Canada is the second largest country in the world (after Russia) by land mass.
Canada has a total area of 9.9 million sq. km. and touches the Pacific, Arctic, and Atlantic oceans (which is why, its motto, “from sea to sea”, is quite logical), making it the country with the longest coastline (243,791 km. long). It is composed of 10 provinces and three territories with Ottawa as its capital. The provinces are: Alberta (capital: Edmonton) , British Columbia (Victoria), Manitoba (Winnipeg), New Brunswick (Fredericton), Newfoundland and Labrador (St. John’s), Nova Scotia (Halifax), Ontario (Toronto), Prince Edward Island (Charlottetown), Quebec (Quebec City), and Saskatchewan (Regina). The three territories are: Northwest Territories (Yellowknife), Nunavut (Iqaluit), and Yukon (Whitehorse).
Land of Lakes
Canada has more lakes than the rest of the world combined. At last count, there may be as many as two million, with 563 lakes larger than 100 square kilometres. Canada’s largest include Lake Huron (Ontario), Great Bear Lake (Northwest Territories), and Lake Superior (Ontario). Lake Winnipeg, Canada’s fifth and the world’s 11th largest, is in Manitoba.

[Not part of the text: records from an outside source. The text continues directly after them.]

-- ===== src/Perf/Monitor/Streams.antt =====
-- The descriptors and identifiers of a registration in pkg/sys/perf/monitor.go, in the maps that it
-- leaves.
use capsule.Prelude.{
  ℕ, List, [], true, false, Option, none, some, if◌then◌else◌, ◌≡◌, ◌⊎◌, inl, inr, sym, ap, ◌∙◌,
  Bool-cases,
}
use capsule.Prelude.Maps.{number_key, GoMap, lookup, put_all, delete_all}
use capsule.Prelude.Maps.Laws.{names, or_else, lookup-put_all, lookup-delete_all}
use capsule.Prelude.Maps.Entries.{none_not_some, of_delete_all, of_put_all, not_put, keys}
use capsule.Perf.Monitor.{stream_ids, all_to}
use capsule.Perf.Monitor.Register.{
  Distinct, Absent, not_recorded, Opens, closing, names-stream_ids, stream_ids-Unique, of_all_to,
}

pub nothing : {V : Type 0} (id : ℕ) (y : V) {R : Type 0} → lookup id [] ≡ some y → R
unfolding lookup
nothing id y k = none_not_some y k

pub new_one :
    (newfds : List ℕ) (stream_id : ℕ → Option ℕ) (eventids : GoMap ℕ ℕ) {V : Type 0} (x : V)
    (id : ℕ) (y : V)
    → Distinct newfds
    → lookup id (put_all (all_to x (stream_ids stream_id newfds).0) []) ≡ some y
    → (fd : ℕ) × (lookup fd (put_all (stream_ids stream_id newfds).0 eventids) ≡ some id)
new_one newfds stream_id eventids x id y d h =
    let ids : GoMap ℕ ℕ = (stream_ids stream_id newfds).0 in
    let u = stream_ids-Unique stream_id newfds d in
    elim (of_put_all (all_to x ids) id [] y h) [
      | inl n ↦
          let (fd, e) = of_all_to x ids id u n in
          (fd, lookup-put_all fd ids eventids u ∙ ap (λ o. or_else o (lookup fd eventids)) e)
      | inr (n, k) ↦ nothing id y k
    ]

pub old_one :
    (newfds : List ℕ) (stream_id : ℕ → Option ℕ) (eventids : GoMap ℕ ℕ) (id : ℕ)
    → Absent newfds eventids
    → (fd : ℕ) × (lookup fd eventids ≡ some id)
    → (fd : ℕ) × (lookup fd (put_all (stream_ids stream_id newfds).0 eventids) ≡ some id)
old_one newfds stream_id eventids id a (fd, h) =
    let ids : GoMap ℕ ℕ = (stream_ids stream_id newfds).0 in
    elim (Bool-cases (names (keys ids) fd)) [
      | inl n ↦
          none_not_some id
            (sym (not_recorded newfds eventids fd a (names-stream_ids stream_id newfds fd n)) ∙ h)
      | inr n ↦ (fd, not_put ids fd eventids n ∙ h)
    ]

pub before_ids :
    (newfds : List ℕ) (stream_id : ℕ → Option ℕ) (eventids : GoMap ℕ ℕ) (fd id : ℕ)
    → lookup fd (delete_all newfds (put_all (stream_ids stream_id newfds).0 eventids)) ≡ some id
    → lookup fd eventids ≡ some id
before_ids newfds stream_id eventids fd id h =
    let ids : GoMap ℕ ℕ = (stream_ids stream_id newfds).0 in
    let (n, k) = of_delete_all newfds fd (put_all ids eventids) id h in
    elim (of_put_all ids fd eventids id k) [
      | inl n' ↦ (let z : true ≡ false = sym (names-stream_ids stream_id newfds fd n') ∙ n in cc)
      | inr (n', k') ↦ k'
    ]

pub after_ids :
    (newfds : List ℕ) (stream_id : ℕ → Option ℕ) (eventids : GoMap ℕ ℕ) (id : ℕ)
    → Absent newfds eventids
    → (fd : ℕ) × (lookup fd eventids ≡ some id)
    → (fd : ℕ) × (lookup fd (delete_all newfds (put_all (stream_ids stream_id newfds).0 eventids))
        ≡ some id)
after_ids newfds stream_id eventids id a (fd, h) = elim (Bool-cases (names newfds fd)) [
  | inl n ↦ none_not_some id (sym (not_recorded newfds eventids fd a n) ∙ h)
  | inr n ↦
      let ids : GoMap ℕ ℕ = (stream_ids stream_id newfds).0 in
      let n' : names (keys ids) fd ≡ false = elim (Bool-cases (names (keys ids) fd)) [
        | inl k ↦ (let z : true ≡ false = sym (names-stream_ids stream_id newfds fd k) ∙ n in cc)
        | inr k ↦ k
      ] in
      (
        fd,
        lookup-delete_all fd newfds (put_all ids eventids)
            ∙ ap (λ b. if b then none else lookup fd (put_all ids eventids)) n
            ∙ not_put ids fd eventids n'
            ∙ h,
      )
]

pub none_named : (fd : ℕ) {R : Type 0} → names [] fd ≡ true → R
unfolding names
none_named fd h = cc

pub closes :
    (newfds : List ℕ) (before now : GoMap ℕ (Unit {0}))
    → Opens newfds before now
    → (k : ℕ) (u : Unit {0}) → lookup k (delete_all newfds now) ≡ some u
    → (names [] k ≡ true) ⊎ (lookup k before ≡ some u)
unfolding Opens
closes newfds before now o k u h = closing newfds before now o k u h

Canada is the first country in the world to adopt a policy of multiculturalism, embracing diversity and pluralism. Today, of Canada’s total population of more than 35 million, a fifth are immigrants. In fact, based on the 2011 National Household Survey (NHS), Canada is home to people from over 200 ethnic origins. Around 4.3 per cent of the total Canadian population reported an Aboriginal identity and 19.1 per cent belong to a visible minority. The largest groups among these visible minorities are South Asians, Chinese and Africans, followed by Filipinos, Latin Americans, Arabs, Southeast Asians, West Asians, Koreans and Japanese. (Learn more about Canada’s multiculturalism here).
Canada is a Parliamentary Democracy headed by a Prime Minister. However, it is also a constitutional monarchy with executive authority vested in the Queen. This means that the Queen is the head of state, while the Prime Minister is the head of government. A parliamentary democracy has three parts: the Sovereign (Queen), the Senate, and the House of Commons. Meanwhile, the government has three levels: federal, provincial and municipal. The federal government is based in Ottawa and is headed by the Prime Minister. Provincial and territorial governments are headed by premiers, while municipal governments are led by mayors.
Canada means “village”
The country’s name is derived from “Kanata”, a Huron-Iroquois word meaning village or settlement. Two Indigenous youths used this word to describe the settlement of Stadacona (now Quebec City) to European explorer Jacques Cartier. Cartier then used “Canada” to describe a bigger area beyond Stadacona. This soon spread throughout the entire region, surpassing its former name, New France.
The maple leaf and other symbols
Did you know that it took 40 years for the Canadian parliament to finally decide on a Canadian flag? The red and white flag with the prominent maple leaf was officially launched on February 15, 1965 (making Feb. 15 National Flag of Canada Day) after much debate and rigorous study. But have you ever wondered why the maple leaf is so identified with Canada? Well, for years even prior to the coming of European settlers, aboriginal peoples have been using maple sap as a food staple. Throughout history, the leaf has found its way into Canadian coins, emblems and coats of arms. The maple tree is also very important to Canadians and is the official arboreal emblem. Incidentally, Canada continues to produce three-quarters of the world’s maple syrup output.
Meanwhile, the beaver as a national emblem dates back to the 1700s, when the lucrative trade of beaver pelts (for fur hats) put Canada on the map. The Hudson’s Bay Company honoured the animal by putting it in its coat of arms. Another Canadian symbol is the Maple Leaf Tartan designed by David Weiser which became an official symbol in 2011.